Instructions for the task: Below are records. Find each line in them that holds the word "arith" and copy it.

Material for the task section start

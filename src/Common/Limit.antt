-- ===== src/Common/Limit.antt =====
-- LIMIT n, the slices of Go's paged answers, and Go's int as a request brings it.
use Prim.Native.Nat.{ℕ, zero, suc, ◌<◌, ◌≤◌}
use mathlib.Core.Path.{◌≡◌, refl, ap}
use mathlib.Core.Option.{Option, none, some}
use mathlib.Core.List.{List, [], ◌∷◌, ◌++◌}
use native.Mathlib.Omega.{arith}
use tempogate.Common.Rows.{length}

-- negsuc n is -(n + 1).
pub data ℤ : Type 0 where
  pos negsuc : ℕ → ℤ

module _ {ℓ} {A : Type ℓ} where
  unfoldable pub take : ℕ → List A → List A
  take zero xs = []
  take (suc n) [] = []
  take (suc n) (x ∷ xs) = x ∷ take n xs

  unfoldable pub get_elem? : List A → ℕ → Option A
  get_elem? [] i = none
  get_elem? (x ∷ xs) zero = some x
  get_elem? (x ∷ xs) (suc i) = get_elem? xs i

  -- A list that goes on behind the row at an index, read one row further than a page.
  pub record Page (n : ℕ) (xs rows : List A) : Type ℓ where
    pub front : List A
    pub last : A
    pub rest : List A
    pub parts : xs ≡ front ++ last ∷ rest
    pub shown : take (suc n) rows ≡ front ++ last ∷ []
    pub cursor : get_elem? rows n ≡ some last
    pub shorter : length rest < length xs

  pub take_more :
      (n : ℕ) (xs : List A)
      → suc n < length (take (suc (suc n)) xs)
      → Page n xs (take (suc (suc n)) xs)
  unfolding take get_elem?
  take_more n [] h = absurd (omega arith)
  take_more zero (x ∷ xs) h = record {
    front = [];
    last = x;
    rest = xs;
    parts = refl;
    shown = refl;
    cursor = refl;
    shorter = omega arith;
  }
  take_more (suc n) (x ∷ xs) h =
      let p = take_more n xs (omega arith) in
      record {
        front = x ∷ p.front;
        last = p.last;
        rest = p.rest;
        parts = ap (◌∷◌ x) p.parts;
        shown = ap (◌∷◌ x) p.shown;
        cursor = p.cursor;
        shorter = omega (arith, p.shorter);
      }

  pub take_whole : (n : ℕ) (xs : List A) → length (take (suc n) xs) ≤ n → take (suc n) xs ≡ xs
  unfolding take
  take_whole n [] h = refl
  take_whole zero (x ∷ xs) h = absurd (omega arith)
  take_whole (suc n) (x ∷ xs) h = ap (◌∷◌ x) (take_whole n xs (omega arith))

Material for the task section end
Material for the task section start

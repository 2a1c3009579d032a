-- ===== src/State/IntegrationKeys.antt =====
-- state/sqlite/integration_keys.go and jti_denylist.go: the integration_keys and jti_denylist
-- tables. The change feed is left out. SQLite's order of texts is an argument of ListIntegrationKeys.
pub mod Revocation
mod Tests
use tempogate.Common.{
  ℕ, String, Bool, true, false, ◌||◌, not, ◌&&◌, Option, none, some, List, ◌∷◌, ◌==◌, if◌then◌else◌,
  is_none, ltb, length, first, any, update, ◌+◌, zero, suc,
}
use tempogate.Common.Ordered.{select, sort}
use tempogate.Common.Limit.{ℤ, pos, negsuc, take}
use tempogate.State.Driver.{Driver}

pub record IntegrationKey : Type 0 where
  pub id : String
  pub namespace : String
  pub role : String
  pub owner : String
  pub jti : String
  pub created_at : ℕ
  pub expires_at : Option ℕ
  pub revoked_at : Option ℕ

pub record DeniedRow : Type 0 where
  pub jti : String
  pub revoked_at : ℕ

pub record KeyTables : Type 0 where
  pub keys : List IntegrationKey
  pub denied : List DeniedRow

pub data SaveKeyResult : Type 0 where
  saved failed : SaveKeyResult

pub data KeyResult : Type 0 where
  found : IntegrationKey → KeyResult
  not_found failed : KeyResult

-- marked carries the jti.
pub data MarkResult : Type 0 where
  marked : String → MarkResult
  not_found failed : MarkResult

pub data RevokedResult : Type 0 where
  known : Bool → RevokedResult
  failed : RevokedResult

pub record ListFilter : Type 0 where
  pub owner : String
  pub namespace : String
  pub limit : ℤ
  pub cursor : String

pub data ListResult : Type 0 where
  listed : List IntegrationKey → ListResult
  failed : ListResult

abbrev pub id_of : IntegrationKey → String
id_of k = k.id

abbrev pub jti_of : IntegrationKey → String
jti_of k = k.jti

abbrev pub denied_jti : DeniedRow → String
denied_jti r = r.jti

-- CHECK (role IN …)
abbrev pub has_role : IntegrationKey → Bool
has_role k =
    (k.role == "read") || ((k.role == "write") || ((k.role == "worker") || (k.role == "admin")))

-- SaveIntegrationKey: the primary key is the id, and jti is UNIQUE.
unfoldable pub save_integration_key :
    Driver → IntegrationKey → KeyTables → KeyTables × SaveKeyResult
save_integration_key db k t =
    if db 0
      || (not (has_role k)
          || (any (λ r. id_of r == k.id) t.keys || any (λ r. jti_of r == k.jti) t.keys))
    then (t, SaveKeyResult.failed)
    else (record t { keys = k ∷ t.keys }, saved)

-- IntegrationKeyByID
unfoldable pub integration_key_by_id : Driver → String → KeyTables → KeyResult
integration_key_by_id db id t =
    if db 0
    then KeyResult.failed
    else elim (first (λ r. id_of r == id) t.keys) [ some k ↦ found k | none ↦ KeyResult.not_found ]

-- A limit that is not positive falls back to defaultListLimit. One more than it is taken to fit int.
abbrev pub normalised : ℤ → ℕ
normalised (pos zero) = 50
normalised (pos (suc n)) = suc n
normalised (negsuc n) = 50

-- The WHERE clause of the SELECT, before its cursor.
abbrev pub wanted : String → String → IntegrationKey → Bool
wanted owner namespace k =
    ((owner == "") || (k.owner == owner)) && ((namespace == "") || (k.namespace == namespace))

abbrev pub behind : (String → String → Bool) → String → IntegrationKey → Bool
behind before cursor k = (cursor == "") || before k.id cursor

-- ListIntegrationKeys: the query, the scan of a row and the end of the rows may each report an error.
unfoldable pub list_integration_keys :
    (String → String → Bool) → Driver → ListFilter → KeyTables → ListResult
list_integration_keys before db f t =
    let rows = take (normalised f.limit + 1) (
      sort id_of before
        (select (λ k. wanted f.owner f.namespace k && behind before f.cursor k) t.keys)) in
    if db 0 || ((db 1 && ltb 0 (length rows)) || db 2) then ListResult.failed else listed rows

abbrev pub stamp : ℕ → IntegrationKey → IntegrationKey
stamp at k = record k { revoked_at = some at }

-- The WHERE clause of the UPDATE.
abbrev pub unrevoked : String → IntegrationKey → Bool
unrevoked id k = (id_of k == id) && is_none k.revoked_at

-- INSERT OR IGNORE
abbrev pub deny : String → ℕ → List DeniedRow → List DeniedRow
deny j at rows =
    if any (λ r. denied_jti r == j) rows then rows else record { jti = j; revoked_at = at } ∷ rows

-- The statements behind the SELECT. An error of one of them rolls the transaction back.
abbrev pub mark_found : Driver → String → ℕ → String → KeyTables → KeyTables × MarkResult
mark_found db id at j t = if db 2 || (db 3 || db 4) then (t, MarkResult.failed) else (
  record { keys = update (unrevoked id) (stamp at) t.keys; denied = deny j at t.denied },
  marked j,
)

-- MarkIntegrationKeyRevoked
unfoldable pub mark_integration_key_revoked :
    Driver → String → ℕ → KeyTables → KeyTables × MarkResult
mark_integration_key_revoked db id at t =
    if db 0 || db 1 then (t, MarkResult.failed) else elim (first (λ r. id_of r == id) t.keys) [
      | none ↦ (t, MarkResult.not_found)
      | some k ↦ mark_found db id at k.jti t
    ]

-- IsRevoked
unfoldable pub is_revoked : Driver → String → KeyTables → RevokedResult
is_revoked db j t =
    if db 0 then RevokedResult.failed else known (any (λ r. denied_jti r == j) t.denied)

Material for the task section end
Material for the task section start

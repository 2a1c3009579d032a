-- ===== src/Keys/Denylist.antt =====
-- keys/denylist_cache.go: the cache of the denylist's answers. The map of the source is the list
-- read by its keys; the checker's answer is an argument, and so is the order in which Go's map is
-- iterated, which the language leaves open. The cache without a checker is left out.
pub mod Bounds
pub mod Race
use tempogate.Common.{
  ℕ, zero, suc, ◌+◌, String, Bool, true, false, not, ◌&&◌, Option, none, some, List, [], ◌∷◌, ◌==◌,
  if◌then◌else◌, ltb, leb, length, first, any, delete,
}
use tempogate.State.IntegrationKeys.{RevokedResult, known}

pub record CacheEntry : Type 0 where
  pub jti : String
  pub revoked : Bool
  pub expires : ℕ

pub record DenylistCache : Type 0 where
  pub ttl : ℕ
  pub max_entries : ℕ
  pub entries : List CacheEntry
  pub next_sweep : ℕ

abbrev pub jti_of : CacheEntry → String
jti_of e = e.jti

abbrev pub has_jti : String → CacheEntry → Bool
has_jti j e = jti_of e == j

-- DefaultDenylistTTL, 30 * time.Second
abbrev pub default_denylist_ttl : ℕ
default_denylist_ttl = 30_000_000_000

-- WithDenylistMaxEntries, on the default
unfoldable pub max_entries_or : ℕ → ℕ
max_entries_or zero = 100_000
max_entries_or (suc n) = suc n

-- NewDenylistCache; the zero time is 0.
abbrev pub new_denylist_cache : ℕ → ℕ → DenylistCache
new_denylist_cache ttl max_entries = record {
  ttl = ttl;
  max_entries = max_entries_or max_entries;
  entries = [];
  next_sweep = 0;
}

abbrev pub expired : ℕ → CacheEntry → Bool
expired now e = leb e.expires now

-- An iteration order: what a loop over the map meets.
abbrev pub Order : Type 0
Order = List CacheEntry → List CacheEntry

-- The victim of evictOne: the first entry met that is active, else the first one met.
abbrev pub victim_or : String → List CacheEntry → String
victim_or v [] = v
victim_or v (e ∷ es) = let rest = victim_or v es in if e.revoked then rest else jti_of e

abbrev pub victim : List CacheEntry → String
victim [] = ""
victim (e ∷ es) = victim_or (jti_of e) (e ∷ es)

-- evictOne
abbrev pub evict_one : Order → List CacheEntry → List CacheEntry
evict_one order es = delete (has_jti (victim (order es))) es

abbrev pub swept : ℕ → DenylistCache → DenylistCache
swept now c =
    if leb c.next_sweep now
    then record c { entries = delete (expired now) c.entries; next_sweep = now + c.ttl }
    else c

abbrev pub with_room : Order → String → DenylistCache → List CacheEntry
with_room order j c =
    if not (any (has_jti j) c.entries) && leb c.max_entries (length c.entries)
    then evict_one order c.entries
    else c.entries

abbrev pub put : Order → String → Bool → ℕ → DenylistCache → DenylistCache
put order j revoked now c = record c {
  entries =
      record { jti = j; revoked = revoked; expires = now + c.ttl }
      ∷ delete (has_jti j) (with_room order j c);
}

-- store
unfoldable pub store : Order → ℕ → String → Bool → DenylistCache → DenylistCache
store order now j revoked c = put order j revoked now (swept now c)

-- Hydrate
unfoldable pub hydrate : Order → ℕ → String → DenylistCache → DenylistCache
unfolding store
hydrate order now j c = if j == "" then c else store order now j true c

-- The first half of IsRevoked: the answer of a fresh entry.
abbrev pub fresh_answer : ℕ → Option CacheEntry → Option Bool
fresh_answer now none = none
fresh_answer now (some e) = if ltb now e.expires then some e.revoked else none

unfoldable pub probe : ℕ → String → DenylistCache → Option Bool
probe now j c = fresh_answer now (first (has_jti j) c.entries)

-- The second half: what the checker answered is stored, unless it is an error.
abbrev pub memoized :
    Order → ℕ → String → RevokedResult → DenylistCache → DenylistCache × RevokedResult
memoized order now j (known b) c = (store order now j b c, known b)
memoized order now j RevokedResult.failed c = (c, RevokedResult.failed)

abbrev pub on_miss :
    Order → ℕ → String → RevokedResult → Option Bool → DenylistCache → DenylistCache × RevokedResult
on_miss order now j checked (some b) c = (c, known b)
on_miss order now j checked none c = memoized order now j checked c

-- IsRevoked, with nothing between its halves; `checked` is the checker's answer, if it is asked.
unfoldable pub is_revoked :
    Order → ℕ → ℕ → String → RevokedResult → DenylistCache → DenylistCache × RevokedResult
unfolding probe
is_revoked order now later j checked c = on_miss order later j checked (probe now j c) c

Material for the task section end

Reply:
use native.Mathlib.Omega.{arith}
  take_more n [] h = absurd (omega arith)
    shorter = omega arith;
      let p = take_more n xs (omega arith) in
        shorter = omega (arith, p.shorter);
  take_whole zero (x ∷ xs) h = absurd (omega arith)
  take_whole (suc n) (x ∷ xs) h = ap (◌∷◌ x) (take_whole n xs (omega arith))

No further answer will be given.